Thank you very much.


----------



## tierra

*Re: is there a program for monitoring temperature in a desktop*

Nothing wrong with the hard drive it passed the Seagate Long test.


----------



## tierra

*Re: is there a program for monitoring temperature in a desktop*

PS the seagate program was up and running the left side was off screen - in the future if this happens is there anyway to fix this. (I know the old monitors had ways to center things but this monitor only has an on/off button).

Thank you.


----------



## tierra

*Re: is there a program for monitoring temperature in a desktop*

I'll be meeting with the executive director and a tech from a local NPO tomorrow to see if they can help me replace the motherboard and power supply. 

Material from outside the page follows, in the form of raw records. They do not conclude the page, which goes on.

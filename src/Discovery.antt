-- ===== src/Discovery.antt =====
-- internal/discovery/packet.go: the datagrams. A port below 0 reads as 0, which is as invalid.
pub mod Accepted
pub mod RoundTrip
pub mod Responder
pub mod Search
pub mod Broadcast
use lanxfer.Base.{
  ℕ, ◌≡◌, refl, Bool, true, false, not, ◌&&◌, ◌||◌, List, [], ◌∷◌, Option, none, some, Text, codes,
  ltb, leb, ◌==◌, length, if◌then◌else◌, Result, ok, err, ◌>>=◌, ◌>>◌, refuse_if, text_eq,
}
use lanxfer.Peername.{NameError, validate}
use lanxfer.Identity.{valid}
use lanxfer.Presence.{has_id, is_named}

abbrev pub protocol_version : ℕ
protocol_version = 1

abbrev pub max_packet_size : ℕ
max_packet_size = 1024

abbrev pub max_os_len : ℕ
max_os_len = 32

abbrev pub type_query : Text
type_query = codes "query"

abbrev pub type_reply : Text
type_reply = codes "reply"

abbrev pub type_announce : Text
type_announce = codes "announce"

pub record Packet : Type 0 where
  pub lanxfer_version : ℕ
  pub kind : Text
  pub name : Text
  pub port : ℕ
  pub os : Text
  pub id : Text

pub data PacketError : Type 0 where
  too_long not_json wrong_version bad_fields wrong_type : PacketError

pub data EncodeError : Type 0 where
  bad_name : NameError → EncodeError
  bad_port bad_id not_encoded : EncodeError

-- encoding/json on a packet.
pub record PacketCodec : Type 0 where
  pub marshal : Packet → Option Text
  pub unmarshal : Text → Option Packet

unfoldable pub valid_port : ℕ → Bool
valid_port port = leb 1 port && leb port 65535

unfoldable pub described : Text → Text → ℕ → Text → Text → Packet
described typ name port goos id = record {
  lanxfer_version = protocol_version;
  kind = typ;
  name = name;
  port = port;
  os = goos;
  id = id;
}

unfoldable pub marshalled : PacketCodec → Packet → Result EncodeError Text
marshalled c p = elim (c.marshal p) [ none ↦ err not_encoded | some b ↦ ok b ]

unfoldable pub encode_described :
    PacketCodec → Text → Text → ℕ → Text → Text → Result EncodeError Text
encode_described c typ name port goos id = elim (validate name) [
  | err e ↦ err (bad_name e)
  | ok _ ↦
      if not (valid_port port)
      then err bad_port
      else if has_id id && not (valid id)
      then err bad_id
      else marshalled c (described typ name port goos id)
]

unfoldable pub encode_reply : PacketCodec → Text → ℕ → Text → Text → Result EncodeError Text
encode_reply c = encode_described c type_reply

unfoldable pub encode_announce : PacketCodec → Text → ℕ → Text → Text → Result EncodeError Text
encode_announce c = encode_described c type_announce

unfoldable pub encode_self_query : PacketCodec → Text → ℕ → Text → Text → Result EncodeError Text
encode_self_query c = encode_described c type_query

unfoldable pub describes : Packet → Bool
describes p = is_named p.name && (valid_port p.port && leb (length p.os) max_os_len)

unfoldable pub without_bad_id : Packet → Packet
without_bad_id p = if not (valid p.id) then record p { id = [] } else p

-- The switch on the type.
unfoldable pub check_type : Packet → Result PacketError Packet
check_type p =
    if text_eq p.kind type_query
    then ok (if not (describes p) then record p { name = []; port = 0; os = [] } else p)
    else if text_eq p.kind type_reply || text_eq p.kind type_announce
    then (if not (describes p) then err bad_fields else ok p)
    else err wrong_type

unfoldable pub decode : PacketCodec → Text → Result PacketError Packet
decode c b = if ltb max_packet_size (length b) then err too_long else elim (c.unmarshal b) [
  | none ↦ err not_json
  | some p ↦
      if not (p.lanxfer_version == protocol_version)
      then err wrong_version
      else check_type (without_bad_id p)
]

I hope that this fixes all the problems.

Thank you very much.


----------



## Tyree

*Re: is there a program for monitoring temperature in a desktop*

Good choice and we sincerely hope it all works out for you.
Please post back with any results.


----------



## tierra

*Re: is there a program for monitoring temperature in a desktop*

HI,
They took it in and left me a replacement and are going to replace the psu and motherboard. I'm sure that they'll check other hardware. Will probably cost ~$200 if they don't have the right motherboard to replace the motherboard and have to replace with something (don't understand) that makes them have to replace the OS with a new copy - then the price will go up for that.

BTW, the machine they left me leaves ~1 inch blank on the bottom of my monitor screen. Anyway to fix that?

I noticed when running the hard drive test that the testing print was off screen to the left.

The old monitors had buttons to middle such things; however this one only has the on/off button.

Many thank to you all for helping me.


----------



## Tyree

*Re: is there a program for monitoring temperature in a desktop*

The OS is tied to the Mobo. Replacing the Mobo requires a fresh OS install.
Why not use your old monitor? The shop would only require the tower for service.
The monitor most likely has more buttons. Check along the bottom or the sides. Or, inquire about the monitor at the shop that gave it to you.


----------



## tierra

*Re: is there a program for monitoring temperature in a desktop*

The monitor came with my computer and really only has an on/off button. 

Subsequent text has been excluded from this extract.